At first glance, it may have seemed odd when dub-techno legend and Basic Channel co-founder Mark Ernestus first trekked to Senegal to bury himself in the country’s regional sounds. For one thing, the optics were sketchy: Here was a white German musician seeking ways to absorb West African traditions into his own music. Equally unclear was what an artist steeped in solid-state technology could do with the earthy, unquantized rhythms of mbalax music. The answer was Mark Ernestus’ Ndagga Rhythm Force, an extension of the mbalax group Jeri-Jeri, and a project that showcased the skills of the local players more than it highlighted Ernestus’ specialties as a producer. Their 2016 album Yermande was dubbed-out mbalax heaven, with large drum sections and frenetic guitar drenched in copious amounts of reverb. Ernestus seemed more like a student or a respectful anthropologist, occasionally dropping his touch in the mix but mostly taking notes, letting the Senegalese pros work their magic.
It’s been nearly a decade since the last Ndagga Rhythm Force album, but they’ve been anything but dormant. The ensemble has toured Europe almost every year, only briefly pausing in 2020 due to the COVID-19 pandemic. Hundreds of hours later, the group returns with its second album, Khadim. Significantly pared down in size, Khadim only employs three members of the original ensemble—Mbene Diatta Seck on vocals and Bada Seck and Serigne Mamoune Seck on various sabar drums. The constant touring and flexible lineup inspired a subtle but important shift in sound: Caverns of space characterize Khadim, providing ample breathing room where guitars and keyboards would’ve appeared before. If Yermande was airy and sparse, Khadim is an extended study in restraint, practically begging you to get lost in every crevice and off beat.
Despite Khadim’s left-field ethos, this is music for the people, music whose bending, twisting shapes and extended running times are elastic means of crowd control. Take the title track, a 14-minute thriller sandwiched in the middle of the album. Mbene Diatta Seck is careful in her delivery, adding scat-like humming with an emcee’s patience. Khine and toungoné rhythms lock into repetition, underlying Ernestus’ pulsating synth loop, and it’s up to Mbene’s echoing vocals to drive things forward. Now and then, the bass synth sings back at her, mimicking a call-and-response tradition. The result feels like an Afrofuturist response to krautrock, pulling from a pool of Black music to create something immersive and hypnotic yet spectral and unfamiliar.

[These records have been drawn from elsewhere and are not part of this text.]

-- ===== src/Event/Receiving/Message.antt =====
-- What the parts of a round of `wslay_event_recv` keep of the sending half, up to the end of a
-- message.
use wslay.Prelude.{
  ℕ, true, false, not, ◌&&◌, ◌||◌, ltb, ◌==◌, Bool, Bool-cases, inl, inr, if◌then◌else◌, Option,
  none, some, List, [], ◌∷◌, pos, is_nonzero, same_int, bit_or,
}
use wslay.Protocol.{
  code, nomem, no_more_msg, Iocb, text_frame, binary_frame, connection_close, continuation_frame,
  ping, pong, code_protocol_error, code_invalid_frame_payload_data, code_no_status_rcvd,
}
use wslay.Utf8.{decode, utf8_accept, utf8_reject}
use wslay.Event.Context.{EventContext, close_received}
use wslay.Event.Queueing.{Msg, queue_msg, queue_close_wrapper, is_valid_status_code}
use wslay.Event.Send.{again, returns, is_some}
use wslay.Event.Recv.{
  RecvCallbacks, imsg, set_imsg, is_control, flatten_queue, close_and_stop, begin_frame, buffers,
  check_utf8, call_end,
}
use wslay.Event.RecvLoop.{
  msg_bytes, and_then, close_parts, receive_close, receive_ping, receive_msg, deliver, msg_over,
  finish_frame,
}
use wslay.Event.Closing.{RoundAll}
use wslay.Event.Receiving.{Sending, Of, IsKept, round_either, and_then-Of}

module _ {W : Type 0} (Q : Sending W → Type 0) where
  -- The context of a frame that has its place.
  abbrev pub BegunAll : Option (Bool × EventContext W) → Type 0
  BegunAll none = Unit
  BegunAll (some (new_frame, ctx)) = Of Q ctx

  begun_either :
      (b : Bool) (p q : Option (Bool × EventContext W))
      → BegunAll p
      → BegunAll q
      → BegunAll (if b then p else q)
  begun_either true p q h k = h
  begun_either false p q h k = k

  pub begin_frame-Of :
      (iocb : Iocb) (ctx : EventContext W) → Of Q ctx → BegunAll (begin_frame iocb ctx)
  unfolding begin_frame
  begin_frame-Of iocb ctx h =
      begun_either ((imsg ctx).opcode == 0xff) _ _
        (begun_either
          (iocb.opcode == text_frame || iocb.opcode == binary_frame || is_control iocb.opcode) _
          none h tt)
        (begun_either (ctx.ipayloadlen == 0 && ctx.ipayloadoff == 0) _ (some (false, ctx))
          (begun_either (iocb.opcode == continuation_frame) _ _ h
            (begun_either (is_control iocb.opcode) _ none h tt))
          h)

  module _ (on : RecvCallbacks W) (kept : IsKept Q on) where
    pub close_and_stop-Of :
        (status : ℕ) (ctx : EventContext W) → Of Q ctx → RoundAll (Of Q) (close_and_stop status ctx)
    unfolding close_and_stop
    close_and_stop-Of status ctx h =
        let (r, ctx') = queue_close_wrapper ctx status [] in
        let after = kept.closing ctx status [] h in
        round_either Q (is_nonzero r) (returns r ctx') (returns (pos 0) ctx') after after

    pub check_utf8-Of : (bs : List ℕ) (ctx : EventContext W) → Of Q ctx → Of Q (check_utf8 bs ctx).1
    unfolding check_utf8
    check_utf8-Of [] ctx h = h
    check_utf8-Of (b ∷ bs) ctx h =
        let state = (decode (record { state = (imsg ctx).utf8state; codep = 0 }) b).state in
        let ctx' = set_imsg (record (imsg ctx) { utf8state = state }) ctx in
        let after = kept.closing ctx' code_invalid_frame_payload_data [] h in
        elim (Bool-cases (state == utf8_reject)) [
          | inl bad ↦ rw bad after
          | inr good ↦ rw good (check_utf8-Of bs ctx' h)
        ]

    receive_close-Of :
        (msg : List ℕ) (ctx : EventContext W) → Of Q ctx → RoundAll (Of Q) (receive_close msg ctx)
    unfolding receive_close
    receive_close-Of msg ctx h =
        let (status, reason) = close_parts ctx msg in
        let noted = record ctx {
          close_status = bit_or ctx.close_status close_received;
          status_code_recv = if status == 0 then code_no_status_rcvd else status;
        } in
        let (r, ctx') = queue_close_wrapper noted status reason in
        let after = kept.closing noted status reason (kept.closed ctx h) in
        round_either Q (ltb 1 (imsg ctx).msg_length && not (is_valid_status_code status))
          (close_and_stop code_protocol_error ctx) _ (close_and_stop-Of code_protocol_error ctx h)
          (round_either Q (is_nonzero r) (returns r ctx') (again ctx') after after)

    receive_ping-Of :
        (msg : List ℕ) (ctx : EventContext W) → Of Q ctx → RoundAll (Of Q) (receive_ping msg ctx)
    unfolding receive_ping
    receive_ping-Of msg ctx h =
        let arg : Msg = record { opcode = pong; msg = msg } in
        let (r, ctx') = queue_msg ctx arg in
        let after = kept.queueing ctx arg h in
        round_either Q (is_nonzero r && not (same_int r (code no_more_msg))) _ (again ctx') after
          after

    receive_msg-Of :
        (msg : List ℕ) (ctx : EventContext W) → Of Q ctx → RoundAll (Of Q) (receive_msg on msg ctx)
    unfolding receive_msg
    receive_msg-Of msg ctx h =
        and_then-Of Q
          (if (imsg ctx).opcode == connection_close
            then receive_close msg ctx
            else if (imsg ctx).opcode == ping
            then receive_ping msg ctx
            else again ctx)
          _
          (round_either Q ((imsg ctx).opcode == connection_close) _ _ (receive_close-Of msg ctx h) (
            round_either Q ((imsg ctx).opcode == ping) _ (again ctx) (receive_ping-Of msg ctx h) h))
          (λ c k. kept.passing _ c k)

    deliver-Of :
        (iocb : Iocb) (ctx : EventContext W) → Of Q ctx → RoundAll (Of Q) (deliver on iocb ctx)
    unfolding deliver
    deliver-Of iocb ctx h =
        let m = imsg ctx in
        let (bytes, chunks) = flatten_queue m.chunks m.msg_length in
        let flat = set_imsg (record m { chunks = chunks }) ctx in
        round_either Q
          (not
            (is_some on.on_msg_recv_callback || m.opcode == connection_close || m.opcode == ping))
          (again ctx) _ h
          (round_either Q (not (buffers iocb ctx)) _ _ (receive_msg-Of [] ctx h) (
            round_either Q (not (m.msg_length == 0) && not (is_some bytes))
              (returns (code nomem) (record flat { read_enabled = false })) _ h
              (receive_msg-Of (msg_bytes bytes) flat h)))

    msg_over-Of : (ctx : EventContext W) → Of Q ctx → Of Q (msg_over on ctx)
    unfolding msg_over
    msg_over-Of ctx h = h

    pub finish_frame-Of :
        (iocb : Iocb) (ctx : EventContext W) → Of Q ctx → RoundAll (Of Q) (finish_frame on iocb ctx)
    unfolding finish_frame
    finish_frame-Of iocb ctx h =
        let m = imsg ctx in
        let ctx' = call_end on ctx in
        let ended = kept.ending ctx h in
        round_either Q
          (not (m.fin == 0)
            && (m.opcode == text_frame || m.opcode == connection_close)
            && not (m.utf8state == utf8_accept))
          _ _ (close_and_stop-Of code_invalid_frame_payload_data ctx h)
          (and_then-Of Q
            (if (imsg ctx').fin == 0
              then again ctx'
              else and_then (deliver on iocb ctx') (λ c. again (msg_over on c)))
            (λ c. again (record c { ipayloadlen = 0; ipayloadoff = 0 }))
            (round_either Q ((imsg ctx').fin == 0) (again ctx') _ ended (
              and_then-Of Q (deliver on iocb ctx') (λ c. again (msg_over on c))
                (deliver-Of iocb ctx' ended) msg_over-Of))
            (λ c k. k))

Where other musicians pull back, Ernestus steps up. He’s more present here than on previous Ndagga projects, and it’s when he draws on his expertise that Khadim feels most revelatory. Synth clouds fizzle and explode on “Nimzat,” some of his most incendiary and abrasive work with the Ndagga crew. On “Dieuw Bakhul,” his reverberant and chunky chord stabs sit in the front of the mix, their oscillations only creating space for the intense syncopated polyrhythms punching through. When these malleable synth notes roll out slowly, Serigne Mamoune Seck puts his foot on the gas, delivering every strike with an urgent clarity. This push-and-pull tension captures the essence of the best dub techno—sober enough to drift off to but deeply layered in ways that reveal new details with every listen. Ernestus finally feels fully in conversation with the drummers, creating enthralling moments that bring out the best in everyone.